Ethereum Virtual Machine implementation in Elixir.
A from-scratch EVM built for learning — both Ethereum internals and the Elixir language. Modules are documented with EVM concepts, EIP references, and idiomatic Elixir patterns side by side.
# PUSH1 10, PUSH1 20, ADD, STOP
iex> EEVM.execute(<<0x60, 10, 0x60, 20, 0x01, 0x00>>) |> EEVM.stack_values()
[30]
# Disassemble raw bytecode
iex> EEVM.disassemble(<<0x60, 0x01, 0x60, 0x02, 0x01, 0x00>>)
[{0, "PUSH1", "0x01"}, {2, "PUSH1", "0x02"}, {4, "ADD", nil}, {5, "STOP", nil}]| Category | Instructions |
|---|---|
| Arithmetic | ADD MUL SUB DIV SDIV MOD SMOD ADDMOD MULMOD EXP SIGNEXTEND |
| Comparison | LT GT SLT SGT EQ ISZERO |
| Bitwise | AND OR XOR NOT BYTE SHL SHR SAR |
| Crypto | KECCAK256 |
| Stack | POP PUSH0 PUSH1–PUSH32 DUP1–DUP16 SWAP1–SWAP16 |
| Memory | MLOAD MSTORE MSTORE8 MSIZE MCOPY |
| Storage | SLOAD SSTORE TLOAD TSTORE |
| Environment | ADDRESS BALANCE ORIGIN CALLER CALLVALUE CALLDATALOAD CALLDATASIZE CALLDATACOPY CODESIZE GASPRICE RETURNDATASIZE RETURNDATACOPY BLOCKHASH COINBASE TIMESTAMP NUMBER PREVRANDAO GASLIMIT CHAINID SELFBALANCE BASEFEE BLOBBASEFEE BLOBHASH GAS |
| Control Flow | JUMP JUMPI JUMPDEST PC |
| Logging | LOG0 LOG1 LOG2 LOG3 LOG4 |
| System | CREATE CREATE2 CALL CALLCODE DELEGATECALL STATICCALL STOP RETURN REVERT INVALID SELFDESTRUCT |
| Precompiles | ECRECOVER · SHA256 · RIPEMD160 · IDENTITY · MODEXP · BN256 Add/Mul/Pairing · BLAKE2F · KZG Point Eval |
lib/
├── eevm.ex # Public API — execute, disassemble, inspect
└── eevm/
├── executor.ex # Fetch-decode-execute loop (tail-recursive)
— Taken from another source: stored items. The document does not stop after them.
-- ===== src/Signup.antt =====
-- frontend/src/components/auth/CustomerSignup.jsx: the registration of a customer. The state is that of
-- the form, the session and the keystore; a submission is one call, and what is typed while it waits is
-- left out.
pub mod Delivery
pub mod Hex
pub mod Sealing
pub mod Submission
pub mod Enrolled
pub mod Returning
use mathlib.Core.Option
use hybrid_quantum_cryptogra.Prelude.{
  ℕ, leb, Bool, true, false, ◌&&◌, ◌||◌, ◌==◌, Option, none, some, List, [], ◌∷◌, ◌++◌, map,
  if◌then◌else◌, ltb, length,
}
use hybrid_quantum_cryptogra.Js.{
  Text, lit, trim, is_empty, contains, to_lower_case, Thrown, error, type_error, Result, ok, throw,
}
use hybrid_quantum_cryptogra.Roles.{truthy}
use hybrid_quantum_cryptogra.Keystore.Platform.{Browser}
use hybrid_quantum_cryptogra.Login.Parts.{Device}

pub record Form : Type 0 where
  pub full_name : Text
  pub email : Text
  pub password : Text

pub data Stage : Type 0 where
  idle generating_key sending_request decrypting_bundle enrolling_key vaulting blocked : Stage

pub record Credentials : Type 0 where
  pub certificate_text : Text
  pub certificate_id : Option Text
  pub full_name : Text

-- A text, or the message that the engine or axios gives its own errors.
pub data Toast : Type 0 where
  good problem : Text → Toast
  engine_message : Toast

pub record Download : Type 0 where
  pub name : Text
  pub contents : Text

-- `downloads` and `toasts` have the latest first.
pub record Signup (browser : Browser) : Type 0 where
  pub form : Form
  pub loading : Bool
  pub credential_summary : Option Credentials
  pub signup_stage : Stage
  pub toasts : List Toast
  pub downloads : List Download
  pub device : Device browser

abbrev pub initial_form : Form
initial_form = record { full_name = []; email = []; password = [] }

-- `/[a-z0-9_-]/i`
unfoldable pub is_name_unit : ℕ → Bool
is_name_unit c =
    (leb b'a' c && leb c b'z')
    || (leb b'A' c && leb c b'Z')
    || (leb b'0' c && leb c b'9')
    || c == b'_'
    || c == b'-'

unfoldable pub sanitize_certificate_id : Option Text → Text
unfolding truthy is_name_unit
sanitize_certificate_id value =
    map (λ c. if is_name_unit c then c else b'-') (Option.get_or (truthy value) (lit "customer"))

-- What the form's fields come to when they are sent.
unfoldable pub normalized : Form → Form
normalized form = record {
  full_name = trim form.full_name;
  email = trim form.email;
  password = trim form.password;
}

-- The message that keeps a form from being sent, if any.
unfoldable pub refusal : Form → Option Text
refusal form =
    if is_empty form.full_name || is_empty form.email || is_empty form.password
    then some (lit "Please fill in all fields to register.")
    else if ltb (length form.password) 8
    then some (lit "Password must be at least 8 characters long.")
    else none

-- `err.message || "Signup failed. Please check your details and try again."`
unfoldable pub failure_toast : Thrown → Toast
failure_toast type_error = engine_message
failure_toast (error message) =
    if is_empty message
    then problem (lit "Signup failed. Please check your details and try again.")
    else problem message

-- The message of an answer that refuses a registration.
unfoldable pub refused_toast : (message : Text) → Toast
refused_toast message =
    if contains (lit "email already registered") (to_lower_case message)
    then problem
        (lit "This email is already registered. Please use a different email or try logging in.")
    else problem message

module _ {browser : Browser} where
  unfoldable pub set_stage : Stage → Signup browser → Signup browser
  set_stage stage s = record s { signup_stage = stage }

  unfoldable pub toast : Toast → Signup browser → Signup browser
  toast message s = record s { toasts = message ∷ s.toasts }

  -- In every stage but the idle one the stage is set to idle, which is it afterwards.
  unfoldable pub handle_change : (Form → Form) → Signup browser → Signup browser
  handle_change change s = record s { form = change s.form; signup_stage = idle }

  unfoldable pub download_certificate_file :
      (certificate_text : Text)
      → (certificate_id : Option Text) → Signup browser
      → Result (Signup browser)
  download_certificate_file certificate_text certificate_id s =
      if is_empty certificate_text
      then throw (error (lit "Certificate payload is unavailable for download"))
      else ok (record s {
        downloads =
            record {
              name = lit "certificate_" ++ (sanitize_certificate_id certificate_id ++ lit ".pem");
              contents = certificate_text;
            }
            ∷ s.downloads;
      })

  unfoldable pub handle_download_certificate_again : Signup browser → Result (Signup browser)
  handle_download_certificate_again s = elim s.credential_summary [
    | none ↦ ok s
    | some c ↦ download_certificate_file c.certificate_text c.certificate_id s
  ]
├── machine_state.ex # Execution state (PC, stack, memory, gas, status)
├── stack.ex # LIFO stack (1024 depth, uint256 values)
├── memory.ex # Byte-addressable linear memory (sparse storage)
├── storage.ex # Persistent key-value storage (256-bit slots)
├── world_state.ex # Account state (balances, code, nonces)
├── call_frame.ex # Execution frame snapshot for nested calls
├── context/
│ ├── transaction.ex # Transaction context (origin, gasprice, blob_hashes)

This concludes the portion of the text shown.